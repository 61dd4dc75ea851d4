-- ===== src/Log/Tests.antt =====
-- Runs of messages and of the dump of a frame.
use ultra.Prelude.{
  ◌≡◌, ◌%◌, ◌+◌, ◌-◌, ◌^◌, refl, arith, true, none, some, [], ◌∷◌, ◌==◌, if◌then◌else◌, done,
  Returns,
}
use ultra.Console.{Consoles}
use ultra.Console.Register.{Lists}
use ultra.Format.Buffer.{padding}
use ultra.Format.Spec.{chars_arg}
use ultra.Format.Prints.{chars, percent}
use ultra.Log.{Log, print, do_dump_frame}
use ultra.Log.Lines.{Logged, frame_line, print-Logged, do_dump_frame-Logged}
use ultra.Symbols.{
  Tables, found, symbol_lookup_by_address, search_loop, name_of, uncompress_symbol, uncompress_loop,
  token_at, skip_names, get_compressed_symbol_name_cursor, get_compressed_symbol_length,
  address_is_kernel_code,
}

-- Symbols ab at 0x1000 and ba at 0x1008.
abbrev two_symbols : Tables
two_symbols = record {
  text_begin = 4096;
  text_end = 8192;
  compressed_names = 2 ∷ 0 ∷ 1 ∷ 2 ∷ 1 ∷ 0 ∷ [];
  name_offsets = 0 ∷ [];
  token_table = 97 ∷ 0 ∷ 98 ∷ 0 ∷ [];
  token_offsets = 0 ∷ 2 ∷ [];
  relative_addresses = 0 ∷ 8 ∷ [];
  base = 4096;
}

-- Console 2, then console 1.
abbrev two_consoles : Consoles
two_consoles = record { consoles = some 2; next = λ con. if con == 2 then some 1 else none }

two_consoles-Lists : Lists two_consoles (2 ∷ 1 ∷ [])
two_consoles-Lists = record {
  chain = (refl, (refl, refl));
  distinct = (((λ e. omega arith), tt), (tt, tt));
}

-- The log before the first message.
abbrev empty_log : Log
empty_log = record { log_buf = padding 256 0; writes = [] }

-- A message with the level 6.
print-Logged_example :
    Returns
      (print 3 two_consoles empty_log
        (some (1 ∷ 54 ∷ 53 ∷ 37 ∷ 37 ∷ 32 ∷ 37 ∷ 115 ∷ 10 ∷ []))
        (chars_arg (some (111 ∷ 102 ∷ 0 ∷ [])) ∷ []))
      (Logged empty_log
        (2 ∷ 1 ∷ [])
        ((53 ∷ [], percent) ∷ (32 ∷ [], chars (111 ∷ 102 ∷ [])) ∷ [])
        (10 ∷ []))
print-Logged_example =
    print-Logged 3 two_consoles (2 ∷ 1 ∷ []) two_consoles-Lists (omega arith)
      ((53 ∷ [], percent) ∷ (32 ∷ [], chars (111 ∷ 102 ∷ [])) ∷ []) (1 ∷ 54 ∷ []) (10 ∷ [])
      empty_log ((refl, tt), tt, ((refl, tt), (omega arith, (omega arith, tt)), (refl, tt))) refl
      (omega arith) refl

found_test :
    symbol_lookup_by_address two_symbols ((4108 + (2 ^ 64 - 1)) % 2 ^ 64)
    ≡ done (found (98 ∷ 97 ∷ []) 3)
unfolding symbol_lookup_by_address search_loop name_of uncompress_symbol uncompress_loop token_at
    skip_names get_compressed_symbol_name_cursor get_compressed_symbol_length address_is_kernel_code
found_test = refl

do_dump_frame-Logged_example :
    Returns
      (do_dump_frame two_symbols 3 two_consoles (record { depth = 1; log = empty_log }) 4108 true)
      (λ state'.
        (state'.depth ≡ 2)
        × Logged empty_log (2 ∷ 1 ∷ []) (frame_line 1 (98 ∷ 97 ∷ []) 3) (10 ∷ []) (state'.log))
do_dump_frame-Logged_example =
    do_dump_frame-Logged 3 two_consoles (2 ∷ 1 ∷ []) two_consoles-Lists (omega arith) two_symbols
      (record { depth = 1; log = empty_log }) 4108 3 true (98 ∷ 97 ∷ []) found_test
      (omega arith, (omega arith, tt)) (omega arith) refl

┄┄┄┄┄┄

= Work item =
Scan the entries above for the string "then" and copy each line that contains it.

= Exercise result =
  ◌≡◌, ◌%◌, ◌+◌, ◌-◌, ◌^◌, refl, arith, true, none, some, [], ◌∷◌, ◌==◌, if◌then◌else◌, done,
-- Console 2, then console 1.
two_consoles = record { consoles = some 2; next = λ con. if con == 2 then some 1 else none }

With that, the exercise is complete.